Designing AI Systems, Not AI Features
Reba Habib

Many organizations begin their AI journey by adding isolated features. A summarization tool is added to a dashboard. A chatbot is introduced for support. A recommendation engine appears in search. Each initiative is often scoped as a feature within an existing product.
While this approach can introduce AI capabilities quickly, it often leads to fragmented experiences. Users encounter intelligence in isolated contexts, and the system lacks coherence. Over time, teams may build multiple AI features that do not share behavior, data, or interaction patterns.
This pattern reflects a common misunderstanding. AI is often treated as a feature, when in practice it behaves more like a system capability.
Understanding this distinction changes how teams design AI-powered products.
AI Features vs AI Systems
A feature is typically bounded. It solves a specific problem within a defined context. Designers define interactions, flows, and outcomes within that scope.
AI capabilities behave differently. Once introduced, intelligence often expands across workflows. A summarization capability may support search results, reports, and notifications. A recommendation engine may influence discovery, prioritization, and automation.
These capabilities become part of the system rather than remaining confined to a single feature.
For example, personalization in Netflix is not limited to a single feature. Recommendations appear across browsing, search, and notifications. The intelligence operates across the experience rather than within a single component.
This reflects system-level design.
Fragmentation Occurs When AI Is Designed as Features
When teams design AI as isolated features, inconsistencies often emerge. Different teams may introduce separate AI capabilities with different interaction models. Users may encounter different terminology, behaviors, or expectations.
For example, one feature may generate suggestions automatically, while another requires manual triggering. One workflow may allow editing generated outputs, while another does not. These inconsistencies make it harder for users to understand how AI behaves.
Research from Nielsen Norman Group has shown that consistency supports usability and learnability. When AI behavior varies across contexts, users must continuously adjust expectations.
Designing AI as a system helps avoid this fragmentation.
AI Capabilities Expand Over Time
AI capabilities often grow beyond their original scope. Teams may initially introduce AI for one use case, then expand to additional workflows.
For example, generative capabilities may begin with summarization, then expand to drafting, rewriting, and analysis. These expansions create opportunities for shared intelligence.
Designers can anticipate this expansion by thinking systemically. Instead of designing isolated features, teams can define shared behaviors and interaction patterns.
This approach supports scalability.
Designing Shared Intelligence
Designing AI systems involves defining shared behaviors across products. This includes:
How AI is introduced
How outputs are presented
How users refine results
How feedback improves performance
These shared patterns help users understand how intelligence operates.
Research from Microsoft Research has found that consistent patterns help users develop mental models of AI systems. Shared intelligence benefits from consistent interaction models.

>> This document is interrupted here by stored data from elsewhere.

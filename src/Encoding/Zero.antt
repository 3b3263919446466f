-- ===== src/Encoding/Zero.antt =====
-- `key_is_zero` of encoding.c.
use router1_app.Prelude.{ℕ, ◌<◌, ◌≡◌, refl, ◌↔◌, Bool, true, List, [], ◌∷◌, arith, All}
use router1_app.Prelude.Bits.{}
use router1_app.Encoding.Flags.{or8, is_clear, IsByte, or8_zero, is_clear-zero}

-- `acc |= key[i]` over the bytes of the key.
unfoldable pub or_bytes : List ℕ → ℕ → ℕ
or_bytes [] acc = acc
or_bytes (b ∷ key) acc = or_bytes key (or8 acc b)

unfoldable pub key_is_zero : List ℕ → Bool
unfolding or_bytes
key_is_zero key = is_clear (or_bytes key 0)

abbrev IsZero : ℕ → Type 0
IsZero b = b ≡ 0

or_bytes-IsZero :
    (key : List ℕ) (acc : ℕ)
    → All IsByte key
    → acc < 256
    → or_bytes key acc ≡ 0
    → (acc ≡ 0) × All IsZero key
unfolding or_bytes
or_bytes-IsZero [] acc h k e = (e, tt)
or_bytes-IsZero (b ∷ key) acc (hb, hk) k e =
    let (now, later) = or_bytes-IsZero key (or8 acc b) hk (omega arith) e in
    let (p, q) = or8_zero acc b k hb now in (p, (q, later))

or_bytes-lt : (key : List ℕ) (acc : ℕ) → acc < 256 → or_bytes key acc < 256
unfolding or_bytes
or_bytes-lt [] acc k = k
or_bytes-lt (b ∷ key) acc k = or_bytes-lt key (or8 acc b) (omega arith)

or_bytes-zeros : (key : List ℕ) → All IsZero key → or_bytes key 0 ≡ 0
unfolding or_bytes
or_bytes-zeros [] h = refl
or_bytes-zeros (b ∷ key) (hb, hk) = rw hb (or_bytes-zeros key hk)

-- `key_is_zero` answers true exactly if all bytes of the key are 0.
pub key_is_zero_iff :
    (key : List ℕ) → All IsByte key → (key_is_zero key ≡ true) ↔ All (λ b. b ≡ 0) key
unfolding key_is_zero
key_is_zero_iff key h = (
  λ e.
      (or_bytes-IsZero key 0 h (omega arith)
        (is_clear-zero _ (or_bytes-lt key 0 (omega arith)) e)).1,
  λ z. rw (or_bytes-zeros key z) refl,
)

Collaboration Across Teams
Designing AI systems also requires coordination across teams. AI capabilities often depend on shared data and infrastructure. Designers collaborate with engineering and data teams to shape how intelligence behaves.
These collaborations influence usability, trust, and adoption.
For example, decisions about confidence indicators, feedback loops, and automation levels often require cross-functional input.
This collaboration reflects system-level thinking.
A Shift Toward AI Systems Design
Designing AI systems requires thinking beyond individual features. Designers consider how intelligence operates across workflows, products, and time.
This shift expands UX design into system-level architecture. Designers shape how intelligence behaves across experiences, ensuring consistency and coherence.
As organizations adopt AI more broadly, the distinction between features and systems becomes increasingly important. Teams that design AI as systems are better positioned to create cohesive, scalable experiences.